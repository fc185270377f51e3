-- ===== src/Rtp/JitterBuffer/Examples.antt =====
-- Runs of the jitter buffer, and its theorems at concrete packets.
use cpp_meet.Common.{ℕ, ◌≡◌, refl, true, none, List, [], ◌∷◌}
use mathlib.Core.Path.{subst}
use cpp_meet.Common.Keys.{nat_eq, lookup, insert, erase, emplace}
use cpp_meet.Wire.{read_u16}
use cpp_meet.Rtp.Packet.{RtpPacket, sequence}
use cpp_meet.Rtp.JitterBuffer.{RtpJitterBuffer, fresh, push, pop_next, pop_found}
use cpp_meet.Rtp.JitterBuffer.Order.{
  IsKeyed, push-IsKeyed, Call, put, take, delivered, InSequence, delivered-InSequence,
}
use cpp_meet.Rtp.JitterBuffer.Drain.{HoldsRun}

-- A header with nothing but its sequence number.
abbrev numbered : ℕ → ℕ → RtpPacket
numbered hi lo = record {
  buf = 0x80 ∷ 0 ∷ hi ∷ lo ∷ 0 ∷ 0 ∷ 0 ∷ 0 ∷ 0 ∷ 0 ∷ 0 ∷ 0 ∷ [];
  payload_offset = 12;
}

abbrev last : RtpPacket
last = numbered 255 255

abbrev first : RtpPacket
first = numbered 0 0

abbrev second : RtpPacket
second = numbered 0 1

abbrev started_at_last : RtpJitterBuffer
started_at_last = record { buf = (65535, last) ∷ []; next_seq = 65535; started = true }

abbrev calls : List Call
calls = put second ∷ take ∷ take ∷ put first ∷ take ∷ take ∷ []

fresh-IsKeyed : IsKeyed fresh
unfolding lookup
fresh-IsKeyed k p e = cc

push-fresh : push fresh last ≡ started_at_last
unfolding push emplace lookup insert sequence read_u16
push-fresh = refl

started-IsKeyed : IsKeyed started_at_last
started-IsKeyed = subst (λ b. IsKeyed b) push-fresh (push-IsKeyed fresh last fresh-IsKeyed)

-- Out of order and round the end: 65535, then a wait for 0, then 0 and 1.
delivered_run : delivered started_at_last calls ≡ last ∷ first ∷ second ∷ []
unfolding delivered push pop_next pop_found emplace lookup insert erase sequence read_u16
delivered_run = refl

delivered-InSequence_example : InSequence 65535 (delivered started_at_last calls)
delivered-InSequence_example = delivered-InSequence calls started_at_last started-IsKeyed refl

abbrev filled : RtpJitterBuffer
filled = record {
  buf = (0, first) ∷ (1, second) ∷ (65535, last) ∷ [];
  next_seq = 65535;
  started = true;
}

filled-HoldsRun : HoldsRun filled.buf 65535 (last ∷ first ∷ second ∷ [])
unfolding lookup
filled-HoldsRun = (refl, (refl, (refl, tt)))

nothing_at_7 : lookup 7 filled.buf ≡ none
unfolding lookup
nothing_at_7 = refl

========

▶ **PROBLEM REQUIREMENTS**:
Look through the entries above. Extract each line with the word "emplace".

▶ **ANSWER TO THE EXERCISE**:
use cpp_meet.Common.Keys.{nat_eq, lookup, insert, erase, emplace}
unfolding push emplace lookup insert sequence read_u16
unfolding delivered push pop_next pop_found emplace lookup insert erase sequence read_u16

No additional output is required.